#### AVAILABLE DATA ####

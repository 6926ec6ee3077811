-- ===== src/Paged/Engine/Links.antt =====
-- The engine's clients and the table of paged/PageEngine.cpp: which message belongs to whom.
use option_hedge.Base.{
  ℕ, ◌≡◌, ◌≢◌, ◌<◌, inl, inr, arith, some, [], ◌∷◌, ◌++◌, All, All-map, All-append, Bool-cases,
  ◌==◌, ap, sym, ◌∙◌, subst,
}
use option_hedge.Base.Text.{Text, text_eq, text_eq_iff}
use option_hedge.Os.{Os}
use option_hedge.Paged.Msg.{max_comm_user_number}
use option_hedge.Paged.Engine.{PageClientInfo, SystemWriter, Engine, reg_journal}
use option_hedge.Paged.Engine.Slots.{IsRaw, reg_journal-free}

module _ (os : Os) (system : SystemWriter os) where
  -- No message on a client's list is raw.
  abbrev pub IsLinked : Engine os system → Type 0
  IsLinked e =
      (c : Text) (info : PageClientInfo)
      → e.client_journals c ≡ some info
      → All (λ i. ¬ IsRaw e.comm i) info.user_index_vec

  -- A step that makes no message raw and keeps the clients keeps the links.
  pub IsLinked-step :
      (e f : Engine os system)
      → f.client_journals ≡ e.client_journals
      → ((i : ℕ) → IsRaw f.comm i → IsRaw e.comm i)
      → IsLinked e
      → IsLinked f
  IsLinked-step e f same back links c info at =
      All-map (λ i. ¬ IsRaw e.comm i) (λ i. ¬ IsRaw f.comm i) info.user_index_vec
        (λ i free r. free (back i r)) (links c info (sym (ap (λ m. m c) same) ∙ at))

  -- Where no message on a client's list is raw, the index that a registered client is given is on no
  -- client's list, and afterwards still no message on a client's list is raw. It is stated for a table
  -- with a raw message among the first 1000.
  pub reg_journal-IsLinked :
      (e : Engine os system) (name : Text) (info : PageClientInfo) (k : ℕ)
      → IsLinked e
      → e.client_journals name ≡ some info
      → k < max_comm_user_number
      → IsRaw e.comm k
      → let (idx, f) = reg_journal os system name e in
        IsLinked f
        × ((c : Text) (other : PageClientInfo)
            → e.client_journals c ≡ some other
            → All (λ i. i ≢ idx) other.user_index_vec)
  reg_journal-IsLinked e name info k links known small r =
      let (idx, f) = reg_journal os system name e in
      let (below, is_raw, before, marked, no_page, others, listed, unlisted, covered) =
        reg_journal-free os system e name info k known small r in
      let back : (i : ℕ) → IsRaw f.comm i → IsRaw e.comm i = λ i h. elim (Bool-cases (i == idx)) [
        | inl at ↦ let same : i ≡ idx = ground arith in cc (marked, subst (IsRaw f.comm) same h)
        | inr off ↦
            let apart : i ≢ idx = ground arith in sym (ap (λ m. m.status) (others i apart)) ∙ h
      ] in
      let kept = λ (c : Text) (other : PageClientInfo) (at : e.client_journals c ≡ some other).
        All-map (λ i. ¬ IsRaw e.comm i) (λ i. ¬ IsRaw f.comm i) other.user_index_vec
          (λ i free h. free (back i h)) (links c other at) in
      (
        λ c other at. elim (Bool-cases (text_eq c name)) [
          | inl same ↦
              let at_name : c ≡ name = (text_eq_iff c name).0 same in
              let lists : other.user_index_vec ≡ info.user_index_vec ++ idx ∷ [] =
                cc (at_name, listed, at) in
              subst (All (λ i. ¬ IsRaw f.comm i)) (sym lists) (
                All-append (λ i. ¬ IsRaw f.comm i) info.user_index_vec idx (kept name info known)
                  (λ h. cc (marked, h)))
          | inr apart ↦
              let off_name : c ≢ name = λ h. cc (apart, (text_eq_iff c name).1 h) in
              kept c other (sym (unlisted c off_name) ∙ at)
        ],
        λ c other at.
            All-map (λ i. ¬ IsRaw e.comm i) (λ i. i ≢ idx) other.user_index_vec
              (λ i free same. free (subst (IsRaw e.comm) (sym same) is_raw)) (links c other at),
      )
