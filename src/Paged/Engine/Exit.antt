-- ===== src/Paged/Engine/Exit.antt =====
-- `exit_client` of paged/PageEngine.cpp: which messages a client's exit frees.
use option_hedge.Base.{ℕ, ◌≡◌, ◌≢◌, inl, inr, arith, some, List, [], ◌∷◌, All, Bool-cases, ap, ◌∙◌}
use option_hedge.Base.Text.{Text}
use option_hedge.Base.Map.{erase, text_key}
use option_hedge.Os.{Os, ok, Result-cases}
use option_hedge.Paged.Msg.{allocated, is_status, set_msg, set_comm_status}
use option_hedge.Paged.Engine.{PageClientInfo, SystemWriter, Engine, write}
use option_hedge.Paged.Engine.Files.{release_page}
use option_hedge.Paged.Engine.Release.{release_page-Kept}
use option_hedge.Paged.Engine.Requests.{
  free_index, free_indices, exit_client, forget_client, announce_end,
}

module _ (os : Os) (system : SystemWriter os) where
  -- What the loop over a client's indices leaves alone.
  record Freed (ids : List ℕ) (e f : Engine os system) : Type 0 where
    pub same_clients : f.client_journals ≡ e.client_journals
    pub others : (i : ℕ) → All (λ k. i ≢ k) ids → f.comm i ≡ e.comm i

  free_index-Freed :
      (idx : ℕ) (e f : Engine os system)
      → free_index os system idx e ≡ ok (tt, f)
      → Freed (idx ∷ []) e f
  unfolding free_index set_comm_status set_msg
  free_index-Freed idx e f h = elim (Bool-cases (is_status (e.comm idx).status allocated)) [
    | inr idle ↦ record { same_clients = ground arith; others = λ i apart. ground (arith, apart.0) }
    | inl held ↦ elim (Result-cases (release_page os system (e.comm idx) e)) [
      | inl (x, failed) ↦ ground (arith, failed)
      | inr ((u, g), released) ↦
          let kept = release_page-Kept os system (e.comm idx) e g released in
          record {
            same_clients = ground (arith, released, kept.same_clients);
            others = λ i apart. ground (arith, released, apart.0, ap (λ t. t i) kept.same_comm);
          }
    ]
  ]

  free_indices-Freed :
      (ids : List ℕ) (e f : Engine os system)
      → free_indices os system ids e ≡ ok (tt, f)
      → Freed ids e f
  unfolding free_indices
  free_indices-Freed [] e f h = record {
    same_clients = ground arith;
    others = λ i apart. ground arith;
  }
  free_indices-Freed (idx ∷ ids) e f h = elim (Result-cases (free_index os system idx e)) [
    | inl (x, failed) ↦ ground (arith, failed)
    | inr ((u, g), freed) ↦
        let one = free_index-Freed idx e g freed in
        let rest = free_indices-Freed ids g f (ground (arith, freed)) in
        record {
          same_clients = rest.same_clients ∙ one.same_clients;
          others = λ i apart. rest.others i apart.1 ∙ one.others i (apart.0, tt);
        }
  ]

  module _ (dump : Text → Text → ℕ → ℕ → ℕ → Text) where
    announce_end-Freed :
        (info : PageClientInfo) (ids : List ℕ) (e f : Engine os system)
        → announce_end os system dump info ids e ≡ ok (tt, f)
        → Freed [] e f
    unfolding announce_end write
    announce_end-Freed info [] e f h = ground arith
    announce_end-Freed info (idx ∷ ids) e f h = record {
      same_clients = ground arith;
      others = λ i apart. ground arith;
    }

    -- A client's exit takes its name off, and leaves every other client and every message that is not
    -- on its list.
    pub exit_client-frees :
        (name : Text) (info : PageClientInfo) (e f : Engine os system)
        → e.client_journals name ≡ some info
        → exit_client os system dump name e ≡ ok (tt, f)
        → (f.client_journals ≡ erase name e.client_journals)
          × ((i : ℕ) → All (λ k. i ≢ k) info.user_index_vec → f.comm i ≡ e.comm i)
    unfolding exit_client forget_client
    exit_client-frees name info e f known h = elim (Bool-cases info.is_strategy) [
      | inr plain ↦ elim (Result-cases (free_indices os system info.user_index_vec e)) [
        | inl (x, failed) ↦ ground (arith, known, failed, plain)
        | inr ((u, g), freed) ↦
            let rest = free_indices-Freed info.user_index_vec e g freed in
            let f_is : f.client_journals ≡ erase name g.client_journals =
              ground (arith, known, plain, freed) in
            (
              f_is ∙ ap (erase name) rest.same_clients,
              λ i apart. ground (arith, known, plain, freed, rest.others i apart),
            )
      ]
      | inl strategy ↦
          elim (Result-cases (announce_end os system dump info info.user_index_vec e)) [
            | inl (x, failed) ↦ ground (arith, known, failed, strategy)
            | inr ((u, d), announced) ↦
                elim (Result-cases (free_indices os system info.user_index_vec d)) [
                  | inl (x, failed) ↦ ground (arith, known, failed, strategy, announced)
                  | inr ((v, g), freed) ↦
                      let told = announce_end-Freed info info.user_index_vec e d announced in
                      let rest = free_indices-Freed info.user_index_vec d g freed in
                      let f_is : f.client_journals ≡ erase name g.client_journals =
                        ground (arith, known, strategy, announced, freed) in
                      (
                        f_is ∙ ap (erase name) (rest.same_clients ∙ told.same_clients),
                        λ i apart. ground (
                          arith,
                          known,
                          strategy,
                          announced,
                          freed,
                          rest.others i apart,
                          told.others i tt,
                        ),
                      )
                ]
          ]
    ]
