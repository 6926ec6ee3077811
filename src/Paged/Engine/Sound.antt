-- ===== src/Paged/Engine/Sound.antt =====
-- The clients' lists of messages, which the operations of paged/PageEngine.cpp keep sound: every message
-- on a list is in use, and is on one list only.
use option_hedge.Base.{
  ℕ, ◌≡◌, ◌≢◌, ◌⊎◌, ◌<◌, inl, inr, arith, some, none, [], ◌∷◌, ◌++◌, All, In, All-In, All-of_In,
  In-append, Bool, Bool-cases, Option-cases, ap, sym, ◌∙◌, subst, Option, refl,
}
use option_hedge.Base.Text.{Text, text_eq, text_eq_iff}
use option_hedge.Base.Map.{insert, erase, text_key}
use option_hedge.Os.{Os, Sys, ok}
use option_hedge.Paged.Msg.{PageCommMsg, raw, set_msg, max_comm_user_number}
use option_hedge.Paged.Engine.{
  PageClientInfo, SystemWriter, Engine, new_engine, reg_journal, take_index, link_journal,
  reg_client,
}
use option_hedge.Paged.Engine.Clients.{reg_client-new, reg_client-known}
use option_hedge.Paged.Engine.Slots.{IsRaw, reg_journal-free}
use option_hedge.Paged.Engine.Requests.{serve, exit_client}
use option_hedge.Paged.Engine.Serve.{serve-Served}
use option_hedge.Paged.Engine.Links.{IsLinked, IsLinked-step, reg_journal-IsLinked}
use option_hedge.Paged.Engine.Exit.{exit_client-frees}

module _ (os : Os) (system : SystemWriter os) (dump : Text → Text → ℕ → ℕ → ℕ → Text) where
  -- Every message on a client's list is in use, and is on no other client's list.
  pub record IsSound (e : Engine os system) : Type 0 where
    pub linked : IsLinked os system e
    pub alone :
        (c d : Text) (info other : PageClientInfo) (i : ℕ)
        → e.client_journals c ≡ some info
        → e.client_journals d ≡ some other
        → In i info.user_index_vec
        → In i other.user_index_vec
        → c ≡ d

  -- A step that keeps the clients and makes no message raw.
  IsSound-step :
      (e f : Engine os system)
      → f.client_journals ≡ e.client_journals
      → ((i : ℕ) → IsRaw f.comm i → IsRaw e.comm i)
      → IsSound e
      → IsSound f
  IsSound-step e f same back sound =
      let old = λ (c : Text) (info : PageClientInfo) (at : f.client_journals c ≡ some info).
        sym (ap (λ m. m c) same) ∙ at in
      record {
        linked = IsLinked-step os system e f same back sound.linked;
        alone = λ c d info other i at_c at_d.
            sound.alone c d info other i (old c info at_c) (old d other at_d);
      }

  pub writes-IsSound :
      (e : Engine os system) (idx : ℕ) (msg : PageCommMsg)
      → msg.status ≢ raw
      → ¬ IsRaw e.comm idx
      → IsSound e
      → IsSound (record e { comm = set_msg idx msg e.comm })
  unfolding set_msg
  writes-IsSound e idx msg used held sound =
      IsSound-step e (record e { comm = set_msg idx msg e.comm }) refl (λ i h. ground arith) sound

  pub serves-IsSound :
      (e f : Engine os system) (idx : ℕ)
      → serve os system idx e ≡ ok (tt, f)
      → IsSound e
      → IsSound f
  serves-IsSound e f idx h sound =
      let s = serve-Served os system idx e f h in IsSound-step e f s.clients s.still_raw sound

  -- A client after the exit of another one.
  remains :
      (e f : Engine os system) (name c : Text) (info : PageClientInfo)
      → f.client_journals ≡ erase name e.client_journals
      → f.client_journals c ≡ some info
      → (c ≢ name) × (e.client_journals c ≡ some info)
  remains e f name c info gone at =
      let at' : erase name e.client_journals c ≡ some info = sym (ap (λ m. m c) gone) ∙ at in
      (λ h. ground (arith, (text_eq_iff c name).1 h), ground arith)

  pub exits-IsSound :
      (e f : Engine os system) (name : Text)
      → exit_client os system dump name e ≡ ok (tt, f)
      → IsSound e
      → IsSound f
  exits-IsSound e f name h sound = elim (Option-cases (e.client_journals name)) [
    | inl free ↦
        let same : f ≡ e = unfold exit_client in ground (arith, h, free) in
        subst IsSound (sym same) sound
    | inr (info, known) ↦
        let (gone, kept) = exit_client-frees os system dump name info e f known h in
        record {
          linked = λ c other at.
              let (apart, at_e) = remains e f name c other gone at in
              All-of_In (λ i. ¬ IsRaw f.comm i) other.user_index_vec
                λ i on_list h.
                  let unfreed : All (λ k. i ≢ k) info.user_index_vec =
                    All-of_In (λ k. i ≢ k) info.user_index_vec
                      λ k listed same. apart (
                        sound.alone c name other info i at_e known on_list
                          (subst (λ x. In x info.user_index_vec) (sym same) listed)) in
                  All-In (λ x. ¬ IsRaw e.comm x) other.user_index_vec i (sound.linked c other at_e)
                    on_list (sym (ap (λ m. m.status) (kept i unfreed)) ∙ h);
          alone = λ c d one other i at_c at_d.
              sound.alone c d one other i (remains e f name c one gone at_c).1
                (remains e f name d other gone at_d).1;
        }
  ]

  -- A client after another one is registered is that one, whose list is empty, or it was there before.
  arrives :
      (e f : Engine os system) (name c : Text) (fresh info : PageClientInfo)
      → f.client_journals ≡ insert name fresh e.client_journals
      → fresh.user_index_vec ≡ []
      → f.client_journals c ≡ some info
      → (info.user_index_vec ≡ []) ⊎ (e.client_journals c ≡ some info)
  arrives e f name c fresh info added empty at =
      let at' : insert name fresh e.client_journals c ≡ some info =
        sym (ap (λ m. m c) added) ∙ at in
      elim (Bool-cases (text_eq c name)) [
        | inl same ↦ inl (ground (arith, at', same, empty))
        | inr apart ↦ inr (ground (arith, at', apart))
      ]

  pub registers-IsSound :
      (e f : Engine os system) (name : Text) (pid : ℕ) (is_writer : Bool) (r : Option (Text × ℕ))
      → reg_client os system name pid is_writer e ≡ ok (r, f)
      → IsSound e
      → IsSound f
  registers-IsSound e f name pid is_writer r h sound =
      elim (Option-cases (e.client_journals name)) [
        | inr (info, known) ↦
            let same : f ≡ e =
              ground (arith, h, reg_client-known os system name pid is_writer e info known) in
            subst IsSound (sym same) sound
        | inl free ↦
            let (g, done, now) = reg_client-new os system name pid is_writer e free in
            let same : f ≡ g = ground (arith, h, done) in
            let old = λ (c : Text) (info : PageClientInfo) (at : g.client_journals c ≡ some info).
              arrives e g name c _ info now.client.1 refl at in
            subst IsSound (sym same) (record {
              linked = λ c info at. elim (old c info at) [
                | inl empty ↦ subst (All (λ i. ¬ IsRaw g.comm i)) (sym empty) tt
                | inr before ↦ rw now.same_comm (sound.linked c info before)
              ];
              alone = λ c d info other i at_c at_d in_c in_d. elim (old c info at_c) [
                | inl empty ↦ elim (subst (In i) empty in_c) [ ]
                | inr before_c ↦ elim (old d other at_d) [
                  | inl empty ↦ elim (subst (In i) empty in_d) [ ]
                  | inr before_d ↦ sound.alone c d info other i before_c before_d in_c in_d
                ]
              ];
            })
      ]

  joins_unknown :
      (e : Engine os system) (name : Text)
      → e.client_journals name ≡ none
      → let f = (reg_journal os system name e).1 in
        (f.client_journals ≡ e.client_journals) × ((i : ℕ) → IsRaw f.comm i → IsRaw e.comm i)
  unfolding reg_journal take_index link_journal set_msg
  joins_unknown e name free = (ground (arith, free), λ i h. ground (arith, free))

  -- What stands on a list after a journal is registered stood there before, or is the new index.
  joined :
      (e f : Engine os system) (name c : Text) (known info : PageClientInfo) (idx i : ℕ)
      → e.client_journals name ≡ some known
      → f.client_journals name
        ≡ some (record known { user_index_vec = known.user_index_vec ++ idx ∷ [] })
      → ((d : Text) → d ≢ name → f.client_journals d ≡ e.client_journals d)
      → f.client_journals c ≡ some info
      → In i info.user_index_vec
      → ((old : PageClientInfo) × (e.client_journals c ≡ some old) × In i old.user_index_vec)
        ⊎ ((c ≡ name) × (i ≡ idx))
  joined e f name c known info idx i was listed unlisted at on_list =
      elim (Bool-cases (text_eq c name)) [
        | inr apart ↦
            let off_name : c ≢ name = λ h. cc (apart, (text_eq_iff c name).1 h) in
            inl (info, sym (unlisted c off_name) ∙ at, on_list)
        | inl same ↦
            let at_name : c ≡ name = (text_eq_iff c name).0 same in
            let lists : info.user_index_vec ≡ known.user_index_vec ++ idx ∷ [] =
              cc (at_name, listed, at) in
            elim (In-append i known.user_index_vec idx (subst (In i) lists on_list)) [
              | inl old ↦ inl (known, rw at_name was, old)
              | inr new ↦ inr (at_name, new)
            ]
      ]

  pub joins-IsSound :
      (e : Engine os system) (name : Text) (k : ℕ)
      → k < max_comm_user_number
      → IsRaw e.comm k
      → IsSound e
      → IsSound (reg_journal os system name e).1
  joins-IsSound e name k small r sound = elim (Option-cases (e.client_journals name)) [
    | inl free ↦
        let (same, back) = joins_unknown e name free in
        IsSound-step e (reg_journal os system name e).1 same back sound
    | inr (info, known) ↦
        let (idx, f) = reg_journal os system name e in
        let (below, is_raw, before, marked, no_page, others, listed, unlisted, covered) =
          reg_journal-free os system e name info k known small r in
        let (linked, fresh) =
          reg_journal-IsLinked os system e name info k sound.linked known small r in
        let old = λ (c : Text) (one : PageClientInfo) (i : ℕ).
          joined e f name c info one idx i known listed unlisted in
        let taken =
          λ (c : Text) (one : PageClientInfo) (at : e.client_journals c ≡ some one)
              (h : In idx one.user_index_vec).
            All-In (λ i. i ≢ idx) one.user_index_vec idx (fresh c one at) h refl in
        record {
          linked = linked;
          alone = λ c d one other i at_c at_d in_c in_d. elim (old c one i at_c in_c) [
            | inl (x, was_c, on_c) ↦ elim (old d other i at_d in_d) [
              | inl (y, was_d, on_d) ↦ sound.alone c d x y i was_c was_d on_c on_d
              | inr (d_name, i_new) ↦
                  absurd (taken c x was_c (subst (λ v. In v x.user_index_vec) i_new on_c))
            ]
            | inr (c_name, i_new) ↦ elim (old d other i at_d in_d) [
              | inl (y, was_d, on_d) ↦
                  absurd (taken d y was_d (subst (λ v. In v y.user_index_vec) i_new on_d))
              | inr (d_name, j_new) ↦ c_name ∙ sym d_name
            ]
          ];
        }
  ]

  -- The constructor's engine has no clients.
  pub new_engine-IsSound : (s : Sys os) → IsSound (new_engine os system s)
  unfolding new_engine
  new_engine-IsSound s = record {
    linked = λ c info at. cc at;
    alone = λ c d info other i at_c. cc at_c;
  }
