-- ===== src/Paged/Engine/Counts.antt =====
-- The counts of writers in paged/PageEngine.cpp: a request and a release leave a page at most one.
use option_hedge.Base.{
  ℕ, ◌≡◌, ◌⊎◌, inl, inr, arith, some, none, List, [], ◌∷◌, Bool-cases, Option, ap, sym, ◌∙◌, subst,
}
use option_hedge.Base.Map.{Map, insert, text_key}
use option_hedge.Os.{Os, Result-cases, ok}
use option_hedge.Paged.Msg.{
  CommStatus, PageCommMsg, FileKey, file_key, key_of, key_beq, key_beq_iff, requesting, allocated,
  is_status,
}
use option_hedge.Paged.Engine.{SystemWriter, Engine}
use option_hedge.Paged.Engine.Files.{release_page, initiate_page}
use option_hedge.Paged.Engine.Pages.{initiate_page-writers}
use option_hedge.Paged.Engine.Release.{release_page-writer, release_page-reader_undefined}
use option_hedge.Paged.Engine.Requests.{give_up_old, has_old_page, serve, free_index, free_indices}

-- No page has a count of writers other than one.
abbrev pub IsSingle : Map FileKey ℕ → Type 0
IsSingle m = (key : FileKey) → (m key ≡ none) ⊎ (m key ≡ some 1)

IsSingle-insert : (k : FileKey) (m : Map FileKey ℕ) → IsSingle m → IsSingle (insert k 1 m)
IsSingle-insert k m one key = elim (Bool-cases (key_beq key k)) [
  | inl same ↦ inr (ground (arith, same))
  | inr apart ↦ rw apart (one key)
]

module _ (os : Os) (system : SystemWriter os) where
  pub release_page-IsSingle :
      (msg : PageCommMsg) (e f : Engine os system)
      → release_page os system msg e ≡ ok (tt, f)
      → IsSingle e.file_writer_counts
      → IsSingle f.file_writer_counts
  release_page-IsSingle msg e f h one = elim (one (key_of msg)) [
    | inl free ↦
        let counts : f.file_writer_counts ≡ e.file_writer_counts =
          unfold release_page in ground (arith, h, free) in
        subst IsSingle (sym counts) one
    | inr held ↦ elim (Bool-cases msg.is_writer) [
      | inr reads ↦ absurd (cc (h, release_page-reader_undefined os system msg e reads held))
      | inl writer ↦
          let (gone, others, readers, clients, table) =
            release_page-writer os system msg e f writer held h in
          λ key. elim (Bool-cases (key_beq key (key_of msg))) [
            | inl same ↦
                inl (ap f.file_writer_counts ((key_beq_iff key (key_of msg)).0 same) ∙ gone)
            | inr apart ↦
                let kept = others key (λ e. cc (apart, (key_beq_iff key (key_of msg)).1 e)) in
                subst (λ (x : Option ℕ). (x ≡ none) ⊎ (x ≡ some 1)) (sym kept) (one key)
          ]
    ]
  ]

  pub initiate_page-IsSingle :
      (msg : PageCommMsg) (e f : Engine os system) (s : CommStatus)
      → initiate_page os system msg e ≡ ok (s, f)
      → IsSingle e.file_writer_counts
      → IsSingle f.file_writer_counts
  initiate_page-IsSingle msg e f s h one = elim (initiate_page-writers os system msg e f s h) [
    | inl same ↦ subst IsSingle (sym same) one
    | inr counted ↦
        subst IsSingle (sym counted) (IsSingle-insert (key_of msg) e.file_writer_counts one)
  ]

  pub give_up_old-IsSingle :
      (msg : PageCommMsg) (e f : Engine os system)
      → give_up_old os system msg e ≡ ok (tt, f)
      → IsSingle e.file_writer_counts
      → IsSingle f.file_writer_counts
  unfolding give_up_old
  give_up_old-IsSingle msg e f h one = elim (Bool-cases (has_old_page msg)) [
    | inl old ↦
        release_page-IsSingle (record msg { page_num = msg.last_page_num }) e f
          (ground (arith, h, old)) one
    | inr fresh ↦
        let counts : f.file_writer_counts ≡ e.file_writer_counts = ground (arith, h, fresh) in
        subst IsSingle (sym counts) one
  ]

  pub serve-IsSingle :
      (idx : ℕ) (e f : Engine os system)
      → serve os system idx e ≡ ok (tt, f)
      → IsSingle e.file_writer_counts
      → IsSingle f.file_writer_counts
  unfolding serve
  serve-IsSingle idx e f h one = elim (Bool-cases (is_status (e.comm idx).status requesting)) [
    | inr idle ↦
        let counts : f.file_writer_counts ≡ e.file_writer_counts = ground (arith, h, idle) in
        subst IsSingle (sym counts) one
    | inl asks ↦ elim (Result-cases (give_up_old os system (e.comm idx) e)) [
      | inl (x, failed) ↦ ground (arith, failed)
      | inr ((u, g), freed) ↦ elim (Result-cases (initiate_page os system (e.comm idx) g)) [
        | inl (x, failed) ↦ ground (arith, failed)
        | inr ((s, k), answered) ↦
            let counts : f.file_writer_counts ≡ k.file_writer_counts =
              ground (arith, freed, answered) in
            subst IsSingle (sym counts) (
              initiate_page-IsSingle (e.comm idx) g k s answered
                (give_up_old-IsSingle (e.comm idx) e g freed one))
      ]
    ]
  ]

  pub free_index-IsSingle :
      (idx : ℕ) (e f : Engine os system)
      → free_index os system idx e ≡ ok (tt, f)
      → IsSingle e.file_writer_counts
      → IsSingle f.file_writer_counts
  unfolding free_index
  free_index-IsSingle idx e f h one = elim (Bool-cases (is_status (e.comm idx).status allocated)) [
    | inr idle ↦
        let counts : f.file_writer_counts ≡ e.file_writer_counts = ground (arith, h, idle) in
        subst IsSingle (sym counts) one
    | inl held ↦ elim (Result-cases (release_page os system (e.comm idx) e)) [
      | inl (x, failed) ↦ ground (arith, failed)
      | inr ((u, g), released) ↦
          let counts : f.file_writer_counts ≡ g.file_writer_counts =
            ground (arith, h, held, released) in
          subst IsSingle (sym counts) (release_page-IsSingle (e.comm idx) e g released one)
    ]
  ]

  pub free_indices-IsSingle :
      (ids : List ℕ) (e f : Engine os system)
      → free_indices os system ids e ≡ ok (tt, f)
      → IsSingle e.file_writer_counts
      → IsSingle f.file_writer_counts
  unfolding free_indices
  free_indices-IsSingle [] e f h one =
      let counts : f.file_writer_counts ≡ e.file_writer_counts = ground (arith, h) in
      subst IsSingle (sym counts) one
  free_indices-IsSingle (idx ∷ ids) e f h one = elim (Result-cases (free_index os system idx e)) [
    | inl (x, failed) ↦ ground (arith, failed)
    | inr ((u, g), freed) ↦
        free_indices-IsSingle ids g f (ground (arith, freed))
          (free_index-IsSingle idx e g freed one)
  ]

####

- _TASK_
The lines above, from the first through the one containing "-- Where no", must be restated word for word, with nothing added.

- _ANSWER_
repository 6926ec6ee3077811
-- ===== src/Paged/Engine/Links.antt =====
-- The engine's clients and the table of paged/PageEngine.cpp: which message belongs to whom.
use option_hedge.Base.{
  ℕ, ◌≡◌, ◌≢◌, ◌<◌, inl, inr, arith, some, [], ◌∷◌, ◌++◌, All, All-map, All-append, Bool-cases,
  ◌==◌, ap, sym, ◌∙◌, subst,
}
use option_hedge.Base.Text.{Text, text_eq, text_eq_iff}
use option_hedge.Os.{Os}
use option_hedge.Paged.Msg.{max_comm_user_number}
use option_hedge.Paged.Engine.{PageClientInfo, SystemWriter, Engine, reg_journal}
use option_hedge.Paged.Engine.Slots.{IsRaw, reg_journal-free}

module _ (os : Os) (system : SystemWriter os) where
  -- No message on a client's list is raw.
  abbrev pub IsLinked : Engine os system → Type 0
  IsLinked e =
      (c : Text) (info : PageClientInfo)
      → e.client_journals c ≡ some info
      → All (λ i. ¬ IsRaw e.comm i) info.user_index_vec

  -- A step that makes no message raw and keeps the clients keeps the links.
  pub IsLinked-step :
      (e f : Engine os system)
      → f.client_journals ≡ e.client_journals
      → ((i : ℕ) → IsRaw f.comm i → IsRaw e.comm i)
      → IsLinked e
      → IsLinked f
  IsLinked-step e f same back links c info at =
      All-map (λ i. ¬ IsRaw e.comm i) (λ i. ¬ IsRaw f.comm i) info.user_index_vec
        (λ i free r. free (back i r)) (links c info (sym (ap (λ m. m c) same) ∙ at))

  -- Where no message on a client's list is raw, the index that a registered client is given is on no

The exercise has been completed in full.